Following the arrest of Istanbul Metropolitan mayor Ekrem İmamoğlu in March, several journalists covering mass protests in Istanbul were injured due to police violence. One of them was İlke TV reporter Eylül Deniz Yaşar.
Speaking to Index, Yaşar recounted both her own and her colleagues’ experiences of police brutality.
“While documenting the police’s disproportionate response to protesters, we were physically assaulted. One officer sprayed tear gas directly into my eye at close range. I couldn’t open my eye for half an hour, and my vision remained blurry for hours. I feared permanent damage. Another journalist’s nose was broken. Someone else suffered head trauma.
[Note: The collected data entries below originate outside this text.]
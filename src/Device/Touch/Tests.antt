-- ===== src/Device/Touch/Tests.antt =====
-- A consumer on concrete steps.
use mercury_farm.Base.{ℕ, ◌≡◌, refl, false, List, [], ◌∷◌, ◌++◌}
use mercury_farm.Util.StateQueue.{next, empty, push, cut_after}
use mercury_farm.Device.Touch.{
  start_state, stop_state, ensured, ensure_state, desire, released, start_with, Step, starts, stops,
  configures, touches, stream_ends, service_starts, connects, banner_arrives, stopping_ends,
  start_breaks, failing_ends, immediate, step, run,
}
use mercury_farm.Device.Touch.State.{
  stopped, started, Banner, commit, reset, up, new, perform, queue_write, queue_at, flush,
  process_write_queue, state_started,
}
use mercury_farm.Device.Touch.Unwritten.{Written}
use mercury_farm.Device.Touch.Writes.{run-Written}
use mercury_farm.Device.Touch.Locks.{Locks, run-Locks}
use mercury_farm.Device.Touch.Aims.{number_of}
use mercury_farm.Device.Touch.Follows.{run-follows}
use mercury_farm.Device.Touch.Settles.{settled, rounds-settle}
use mercury_farm.Device.Touch.Broken.{broken_start-is_final}

abbrev banner : Banner
banner = record { pid = 7; max_x = 100; max_y = 200; max_pressure = 50 }

abbrev session : List Step
session =
    starts
    ∷ touches (up 1)
    ∷ service_starts
    ∷ connects
    ∷ stops
    ∷ banner_arrives banner
    ∷ touches commit
    ∷ starts
    ∷ stopping_ends
    ∷ service_starts
    ∷ connects
    ∷ banner_arrives banner
    ∷ touches reset
    ∷ []

session_ends : (run session new).running ≡ started
unfolding run new step desire push cut_after ensure_state empty ensured start_state stop_state next
    queue_write queue_at perform start_with process_write_queue flush released
session_ends = refl

session_lock : (run session new).lock ≡ false
unfolding run new step desire push cut_after ensure_state empty ensured start_state stop_state next
    queue_write queue_at perform start_with process_write_queue flush released
session_lock = refl

session_immediates : (run session new).immediates ≡ 0
unfolding run new step desire push cut_after ensure_state empty ensured start_state stop_state next
    queue_write queue_at perform start_with process_write_queue flush released
session_immediates = refl

run-Locks_example : Locks (run session new)
run-Locks_example = run-Locks session

run-Written_example : Written (up 1 ∷ commit ∷ reset ∷ []) (run session new)
run-Written_example = run-Written session refl

run-follows_example : number_of (run session new).running ≡ state_started
run-follows_example = run-follows session refl session_lock session_immediates

abbrev before : List Step
before = service_starts ∷ stops ∷ connects ∷ []

abbrev between : List Step
between = touches commit ∷ immediate ∷ []

abbrev after : List Step
after = touches commit ∷ stream_ends 5 ∷ configures ∷ []

abbrev some_time : ℕ
some_time = 3

broken_start-is_final_example :
    (run
      (starts ∷ before ++ start_breaks false ∷ between ++ failing_ends some_time ∷ after)
      new).running
    ≡ stopped
unfolding new
broken_start-is_final_example =
    broken_start-is_final new before false between some_time after
      (record {
        of_running = refl;
        of_op = refl;
        of_lock = refl;
        of_failed = refl;
        of_restarts = refl;
        of_desired = refl;
      })
      refl refl refl

abbrev requests : List Step
requests = starts ∷ stops ∷ touches commit ∷ starts ∷ service_starts ∷ stops ∷ starts ∷ []

rounds-settle_example :
    ((settled requests banner).lock ≡ false)
    × ((settled requests banner).immediates ≡ 0)
    × (number_of (settled requests banner).running ≡ state_started)
rounds-settle_example = rounds-settle requests banner refl
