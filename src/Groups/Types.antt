-- ===== src/Groups/Types.antt =====
-- Groups and their time windows. Times and durations are milliseconds.
use mercury_farm.Base.{ℕ, ◌*◌, Bool, Option, none, some, List}
use mercury_farm.Base.Text.{String}

-- `{start, stop}`
pub record Window : Type 0 where
  pub start : ℕ
  pub stop : ℕ

-- the keys of `CLASS_DURATION`
pub data GroupClass : Type 0 where
  once bookable standard hourly daily weekly monthly quaterly halfyearly yearly debug : GroupClass

pub record Group : Type 0 where
  pub id : String
  pub class : GroupClass
  pub owner : String
  pub dates : List Window
  pub duration : ℕ
  pub repetitions : ℕ
  pub devices : List String
  pub users : List String
  pub moderators : List String
  pub is_active : Bool

abbrev pub one_mn : ℕ
one_mn = 60 * 1000

abbrev pub one_hour : ℕ
one_hour = 3600 * 1000

abbrev pub one_day : ℕ
one_day = 24 * one_hour

abbrev pub one_month : ℕ
one_month = 30 * one_day

abbrev pub one_year : ℕ
one_year = 365 * one_day

-- `CLASS_DURATION`; none is Infinity
unfoldable pub class_duration : GroupClass → Option ℕ
class_duration once = none
class_duration bookable = none
class_duration standard = none
class_duration hourly = some one_hour
class_duration daily = some one_day
class_duration weekly = some (7 * one_day)
class_duration monthly = some one_month
class_duration quaterly = some (3 * one_month)
class_duration halfyearly = some (6 * one_month)
class_duration yearly = some one_year
class_duration debug = some (300 * 1000)
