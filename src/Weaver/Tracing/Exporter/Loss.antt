-- ===== src/Weaver/Tracing/Exporter/Loss.antt =====
-- What Close does to the traces that are waiting.
use dash_fabric.Base.{
  ◌+◌, ◌<◌, ◌≤◌, refl, true, false, List, [], ◌∷◌, ◌++◌, some, length, length-append, arith,
}
use dash_fabric.Base.Int.{pos}
use mathlib.Core.List.{append_assoc, append-nil}
use dash_fabric.Weaver.Tracing.Exporter.{
  Worker, idle, ended, Closing, not_begun, draining, returned, capacity, Exporter, new_exporter,
  export, accept, worker_stop, close, close_stop, drain, drained, join, Reach, here, onward,
}

module _ {T : Type 0} where
  -- Before Close, with a worker that has done nothing yet.
  abbrev pub filled : List T → List T → Exporter T
  filled buffer accepted = record {
    buffer = buffer;
    worker = idle;
    exported_count = pos 0;
    stopped = false;
    stop_closed = false;
    entering = [];
    flagged = 0;
    closing = not_begun;
    accepted = accepted;
    sent = [];
    dropped = [];
  }

  -- In the loop of Close, and after it.
  abbrev pub emptied : Worker T → Closing → List T → List T → List T → Exporter T
  emptied worker closing buffer accepted dropped = record {
    buffer = buffer;
    worker = worker;
    exported_count = pos 0;
    stopped = true;
    stop_closed = true;
    entering = [];
    flagged = 0;
    closing = closing;
    accepted = accepted;
    sent = [];
    dropped = dropped;
  }

  export_one :
      (e : Exporter T) (b a : List T) (t : T)
      → length b < capacity
      → Reach e (some (filled b a))
      → Reach e (some (filled (b ++ t ∷ []) (a ++ t ∷ [])))
  export_one e b a t l h = onward (onward h (export t refl)) (accept [] t [] refl l)

  export_all :
      (e : Exporter T) (ts b a : List T)
      → length b + length ts ≤ capacity
      → Reach e (some (filled b a))
      → Reach e (some (filled (b ++ ts) (a ++ ts)))
  export_all e [] b a l h = rw (append-nil, append-nil) h
  export_all e (t ∷ ts) b a l h =
      let n = length-append b (t ∷ []) in
      let ih =
        export_all e ts (b ++ t ∷ []) (a ++ t ∷ []) (omega arith)
          (export_one e b a t (omega arith) h) in
      rw (← append_assoc b (t ∷ []) ts, ← append_assoc a (t ∷ []) ts) ih

  drain_all :
      (e : Exporter T) (b a d : List T)
      → Reach e (some (emptied idle draining b a d))
      → Reach e (some (emptied idle draining [] a (d ++ b)))
  drain_all e [] a d h = rw append-nil h
  drain_all e (t ∷ b) a d h =
      rw (← append_assoc d (t ∷ []) b)
        (drain_all e b a (d ++ t ∷ []) (onward h (drain t b refl refl)))

  -- However many traces, up to the capacity of the buffer, Close may return without a panic after
  -- Export returned no error for each of them, and none was sent: it drops them all.
  pub close_drops :
      (ts : List T)
      → length ts ≤ capacity
      → Reach new_exporter (some (emptied ended returned [] ts ts))
  unfolding new_exporter
  close_drops ts l =
      let full = export_all (filled [] []) ts [] [] (omega arith) here in
      let shut = onward (onward full close) (close_stop 0 refl refl) in
      let empty = drain_all (filled [] []) ts ts [] shut in
      onward (onward (onward empty (drained refl)) (worker_stop refl refl)) (join refl refl)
I’m not even counting verbal abuse and harassment,” she said.
She believes the police are now trying to build a “new press regime” in Turkey.
“Police are becoming the architects of this regime. They want to decide where, what and how we film. It’s getting harder to go out in the field,” she said. “I’m one of many journalists frequently detained. My home has been raided twice – home raids have become routine.”
Yaşar added that the repression journalists face in Turkey reminds them of “World War documentaries”.
“Like the terrifying scenes from those times. It feels like we’re living in a dystopian horror film,” she explained.
As Erdoğan’s regime seeks to suffocate journalism with both judicial stick and police baton, critical journalists in Turkey continue to resist – armed with the power of the camera and the pen, at great personal sacrifice.